Au cœur du paisible village de Saint-Chrysostome – Saint-Chrys, pour les intimes –, trône la seule et unique pharmacie de la localité de quelque 2600 âmes. En contexte de pénurie de médecins, l’endroit est un point névralgique de service pour la population: tout le village passe entre ses murs. À peine cinq minutes après m’être assise dans la chaleureuse salle d’attente, j’entends d’ailleurs des échos de patients évoquant le difficile accès à un médecin de famille.
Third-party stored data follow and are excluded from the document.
-- ===== src/Replies/PageSize.antt =====
-- nfs3/allunix.go: the size of a page of ReadDir.
use gonfs.Common.{
  ℕ, ◌+◌, ◌-◌, ◌*◌, length, if◌then◌else◌, ◌%◌, ◌^◌, ◌<◌, ◌≤◌, ◌≡◌, ◌⊎◌, refl, subst, Bool, false,
  inl, inr, Bool-cases, Text, List, [], ◌∷◌, Option, none, some, All, All-drop, ltb, arith, ap,
}
use gonfs.Os.{FileInfo}
use gonfs.Types.Status.{nfs3_ok}
use gonfs.Types.Attr.{Fattr3, PostOpAttr, no_post}
use gonfs.Types.Reply.{Entry3, ReaddirRes}
use gonfs.Backend.Base.{Backend, followed}
use gonfs.Backend.ReadDir
use gonfs.Replies.Paging.{reading}
use gonfs.Backend.ReadDir.{
  Reading, entry_overhead, read_entries, read_page, entry_cookie, readdirresoksize,
}

-- The bytes of a reply in the external data representation (RFC 4506, RFC 1813): opaque data has
-- its length before it and is filled up to whole words.
abbrev pub opaque_size : ℕ → ℕ
opaque_size n = 4 + n + (4 - n % 4) % 4

-- The word that says that an entry follows, its inode, name and cookie.
abbrev pub entry_size : Entry3 → ℕ
entry_size e = 4 + 8 + opaque_size (length e.name) + 8

abbrev pub entries_size : List Entry3 → ℕ
entries_size [] = 0
entries_size (e ∷ es) = entry_size e + entries_size es

-- Five words, size, used, rdev, fsid and fileid, and three times.
abbrev pub fattr_size : ℕ
fattr_size = 5 * 4 + 5 * 8 + 3 * 8

abbrev pub post_op_attr_size : PostOpAttr → ℕ
post_op_attr_size a = if a.attributes_follow then 4 + fattr_size else 4

-- READDIR3resok: attributes, verifier, entries, the word that ends them, and eof.
abbrev pub resok_size : ReaddirRes → ℕ
resok_size r = post_op_attr_size r.dir_attributes + 8 + entries_size r.entries + 4 + 4

-- A name that the 32-bit count has room for.
abbrev pub HasRoom : Option FileInfo → Type 0
HasRoom none = Unit {0}
HasRoom (some d) = length d.name < 2 ^ 30

-- What the source counts for an entry is what the entry takes.
entry_overhead-size :
    (name : Text)
    → length name < 2 ^ 30
    → entry_overhead name ≡ 4 + 8 + opaque_size (length name) + 8
unfolding entry_overhead
entry_overhead-size name h = omega arith

entry_overhead-low : (name : Text) → length name < 2 ^ 30 → entry_overhead name < 2 ^ 31
unfolding entry_overhead
entry_overhead-low name h = omega arith

module _ (r : Reading) (low : r.max < 2 ^ 31) where
  abbrev Fits : ℕ → Option (List Entry3 × Bool) → Type 0
  Fits size none = Unit
  Fits size (some (es, e)) = (es ≡ []) ⊎ (size + entries_size es ≤ r.max)

  with_fileid-Fits :
      (size : ℕ) (name : Text) (cookie : ℕ) (o : Option ℕ) (p : Option (List Entry3 × Bool))
      → length name < 2 ^ 30
      → size + entry_overhead name ≤ r.max
      → Fits (size + entry_overhead name) p
      → Fits size (ReadDir.with_fileid o name cookie p)
  with_fileid-Fits size name cookie none p l b h = tt
  with_fileid-Fits size name cookie (some id) none l b h = tt
  with_fileid-Fits size name cookie (some id) (some (es, e)) l b (inl h) =
      inr (omega (arith, ap entries_size h, entry_overhead-size name l))
  with_fileid-Fits size name cookie (some id) (some (es, e)) l b (inr h) =
      inr (omega (arith, entry_overhead-size name l))

  -- The entry has room, and the 32-bit count has not wrapped.
  kept-Fits :
      (size : ℕ) (d : FileInfo) (cookie : ℕ) (o : Option ℕ) (p : Option (List Entry3 × Bool))
      → HasRoom (some d)
      → size < 2 ^ 31
      → ltb r.max ((size + entry_overhead d.name) % 2 ^ 32) ≡ false
      → Fits ((size + entry_overhead d.name) % 2 ^ 32) p
      → Fits size (ReadDir.with_fileid o d.name cookie p)
  kept-Fits size d cookie o p h s e f =
      with_fileid-Fits size d.name cookie o p h (ground (arith, used))
        (subst (λ u. Fits u p) used f)
    where
      used : (size + entry_overhead d.name) % 2 ^ 32 ≡ size + entry_overhead d.name
      used = omega (arith, entry_overhead-low d.name h)

  used-low : (used : ℕ) → ltb r.max used ≡ false → used < 2 ^ 31
  used-low used e = ground arith

  read_entries-Fits :
      (i size : ℕ) (ds : List (Option FileInfo))
      → All HasRoom ds
      → size < 2 ^ 31
      → Fits size (read_entries r i size ds)
  unfolding read_entries
  read_entries-Fits i size [] h s = inl refl
  read_entries-Fits i size (none ∷ ds) h s = tt
  read_entries-Fits i size (some d ∷ ds) h s =
      elim (Bool-cases (ltb r.max ((size + entry_overhead d.name) % 2 ^ 32))) [
        | inl e ↦ rw e (inl refl)
        | inr e ↦
            rw e
              (kept-Fits size d _ _ _ h.0 s e (read_entries-Fits (i + 1) _ ds h.1 (used-low _ e)))
      ]

-- A reply of ReadDir that sends entries is a READDIR3resok of no more bytes than the count asked
-- for. The count is below 2 ^ 31 and the names below 2 ^ 30 bytes.
pub read_page-fits :
    (be : Backend) (dir : Text) (cookie count : ℕ) (here : Option FileInfo)
    (ds : List (Option FileInfo)) (a : Fattr3) (es : List Entry3) (e : Bool)
    → count < 2 ^ 31
    → All HasRoom ds
    → read_page be dir cookie count here ds ≡ some (es, e)
    → (es ≡ []) ⊎ (resok_size (ReadDir.readdir_reply nfs3_ok (followed a) es e no_post) ≤ count)
unfolding read_page
read_page-fits be dir cookie count here ds a es e low room q =
    elim (subst (Fits (reading be dir here ds count) low readdirresoksize) q (
      read_entries-Fits (reading be dir here ds count) low (cookie % 2 ^ 32) readdirresoksize _
        (All-drop HasRoom (cookie % 2 ^ 32) ds room) (omega arith))) [
          | inl none_sent ↦ inl none_sent
          | inr fits ↦ inr (omega arith)
        ]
Et le manque de personnel n’épargne pas le milieu de la pharmacie. «Quand j’ai terminé mes études, il y avait déjà une pénurie de pharmaciens, je n’ai pas eu de difficulté à me trouver un emploi de salariée», se souvient Lucie Senneville, l’une des trois pharmaciennes copropriétaires du Proxim. Avant de devenir associée à Saint-Chrysostome, celle-ci fut propriétaire d’une pharmacie à Sainte-Martine, un village en Montérégie à une quinzaine de kilomètres de Châteauguay. «J’avais vraiment un problème de recrutement – j’étais près de Montréal, mais quand même trop loin pour que les Montréalais acceptent de se déplacer», raconte-t-elle. Au bord de l’épuisement, elle s’est résolue à vendre.

L’enjeu du recrutement

S’il ne manque plus de bras à la pharmacie puisque les trois copropriétaires remplissent la majorité des plages horaires, Lucie Senneville doit néanmoins composer avec les défis vécus par d’autres pharmacies de la région: «Les pharmacies d’Ormstown et de Huntingdon ont décidé de fermer le dimanche, par manque de personnel. Ça va créer un trou dans le paysage», constate Mme Senneville, qui songe à ajuster ses heures pour compenser.
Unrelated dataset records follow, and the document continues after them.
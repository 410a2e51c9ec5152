-- ===== src/Replies/Persisted.antt =====
-- nfs3/allunix.go: what Write puts in a file, and what Read then sends of it.
use gonfs.Common.{
  ℕ, zero, suc, ◌^◌, ◌<◌, ◌≤◌, ◌≡◌, refl, ap, ◌∙◌, Text, Option, none, some, length, take, arith,
}
use gonfs.Common.Int.{int64}
use gonfs.Os.{Errno, OsError, close, write_at, sync}
use gonfs.Types.Status.{is_ok}
use gonfs.Types.Attr.{PreOpAttr}
use gonfs.Types.Args.{StableHow}
use gonfs.Types.Reply.{WriteRes}
use gonfs.Prog.{ret, ◌>>◌, perform}
use gonfs.Prog.Run.{Handles}
use gonfs.Prog.Machine.{
  Final, Meets, Meets-bind, Meets-ret, Meets-attempt, Meets-found, Meets-perform_bind,
  Meets-errno_of, meets_rules,
}
use gonfs.Backend.Base.{Backend}
use gonfs.Backend.Io
use gonfs.Backend.Errors.{get_write_err}
use gonfs.Replies.Errors.{get_write_err-fails}
use gonfs.Replies.Named.{When, failed}
use gonfs.Replies.Contents.{int64-pos}
use gonfs.Replies.Filed.{
  FileState, file_machine, opened, moved, moved-pos, opened-is_open, splice, Meets-stat_path,
  Meets-post_attr, Meets-open_file,
}

module _ (be : Backend) (name : Text) (offset : ℕ) (small : offset < 2 ^ 63) (bytes : Text)
    (file : Text) where
  -- The file after a Write that was sent `bytes`, with the number that it counts.
  abbrev pub Kept : WriteRes → FileState → Type 0
  Kept r v =
      When (is_ok r.status)
        ((r.count ≤ length bytes) × (v.contents ≡ splice offset (take r.count bytes) file))

  abbrev Q : Final (file_machine name) WriteRes
  Q r n v = Kept r v

  write_refused : (e : Errno) (P : Type 0) → When (is_ok (get_write_err e)) P
  write_refused e P = failed _ P (get_write_err-fails e)

  close-Kept :
      (r : WriteRes) (fd : ℕ) (m : Handles) (v : FileState)
      → Kept r v
      → Meets (file_machine name) Q (do perform (close fd); ret r) m v
  close-Kept r fd m v k = Meets-perform_bind (close fd) _ refl (λ x e. Meets-ret r k)

  commit_level-Meets :
      {R : Final (file_machine name) StableHow} (how : StableHow) (fd : ℕ) (m : Handles)
      (v : FileState)
      → ((x : StableHow) → R x m v)
      → Meets (file_machine name) R (Io.commit_level how fd) m v
  unfolding Io.commit_level
  commit_level-Meets StableHow.unstable fd m v q = Meets-ret _ (q _)
  commit_level-Meets _ fd m v q =
      Meets-attempt (sync fd) _ _ refl (λ r e x. Meets-ret _ (q _)) (λ r b x y. Meets-ret _ (q _))

  abbrev MayKeep : ℕ → FileState → Option OsError → Type 0
  MayKeep n v none = (n ≤ length bytes) × (v.contents ≡ splice offset (take n bytes) file)
  MayKeep n v (some e) = Unit

  answer_write-Meets :
      (h : ℕ) (pre : PreOpAttr) (how : StableHow) (fd n : ℕ) (m : Handles) (v : FileState)
      (e : Option OsError)
      → MayKeep n v e
      → Meets
          (file_machine name)
          (λ r k u. Meets (file_machine name) Q (do perform (close fd); ret r) k u)
          (Io.answer_write be h name pre how fd n e)
          m
          v
  answer_write-Meets h pre how fd n m v none k = Meets-bind _ _ (
      commit_level-Meets how fd m v (λ c. Meets-bind _ _ (
        Meets-post_attr name h name (λ a. Meets-ret _ (close-Kept _ fd m v k))
          (λ a. Meets-ret _ (close-Kept _ fd _ v k)))))
  answer_write-Meets h pre how fd n m v (some e) k = Meets-bind _ _ (
      Meets-errno_of e (λ x. Meets-bind _ _ (
        Meets-post_attr name h name (λ a. Meets-ret _ (close-Kept _ fd m v (write_refused x _)))
          (λ a. Meets-ret _ (close-Kept _ fd _ v (write_refused x _))))))

  was :
      (n : ℕ) (v : FileState)
      → v.contents ≡ file
      → (moved (int64 offset) (take n bytes) v).contents ≡ splice offset (take n bytes) file
  was n v same =
      moved-pos (int64 offset) offset (take n bytes) v (int64-pos offset small)
      ∙ ap (splice offset (take n bytes)) same

  kept :
      (n : ℕ) (e : Option OsError) (v : FileState)
      → n ≤ length bytes
      → v.contents ≡ file
      → MayKeep n (moved (int64 offset) (take n bytes) v) (Io.write_error n e)
  kept zero none v le same = (omega arith, was zero v same)
  kept zero (some e) v le same = tt
  kept (suc n) e v le same = (le, was (suc n) v same)

  write_open-Meets :
      (h : ℕ) (pre : PreOpAttr) (how : StableHow) (fd : ℕ) (m : Handles) (v : FileState)
      → v.contents ≡ file
      → Meets
          (file_machine name)
          Q
          (Io.write_open be h name pre offset how bytes fd)
          m
          (opened fd v)
  unfolding Io.write_open
  write_open-Meets h pre how fd m v same =
      Meets-perform_bind (write_at fd bytes (int64 offset)) _ (opened-is_open fd v) (λ (n, e) le.
        Meets-bind _ _ (answer_write-Meets h pre how fd n m _ _ (kept n e (opened fd v) le same)))

  pub write-Meets :
      (h count : ℕ) (how : StableHow) (m : Handles) (v : FileState)
      → m h ≡ some name
      → v.contents ≡ file
      → Meets (file_machine name) Q (Io.write be h offset count how bytes) m v
  unfolding Io.write
  write-Meets h count how m v at same = Meets-found h _ _ name at (
      search
        (
          meets_rules, Meets-stat_path, Meets-post_attr, Meets-open_file, write_open-Meets,
          write_refused,
        )
        depth 24)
Recruter des ATP et autre personnel de plancher est aussi difficile lorsqu’on s’éloigne des centres. «Ça prend quelqu’un qui habite ici», note-t-elle. En effet, les salaires ne sont pas assez alléchants pour que quelqu’un s’y déplace quotidiennement. Et encore faut-il que ceux qui veulent y déménager puissent le faire. La pharmacienne évoque avoir tenté de recruter une technicienne prête à déménager sur place, mais sans auto et sans logement disponible à Saint-Chrysostome, le plan a avorté. «Le conseil municipal travaille fort pour attirer les gens, mais ça prend des terrains pour les maisons, et des logements», souligne-t-elle.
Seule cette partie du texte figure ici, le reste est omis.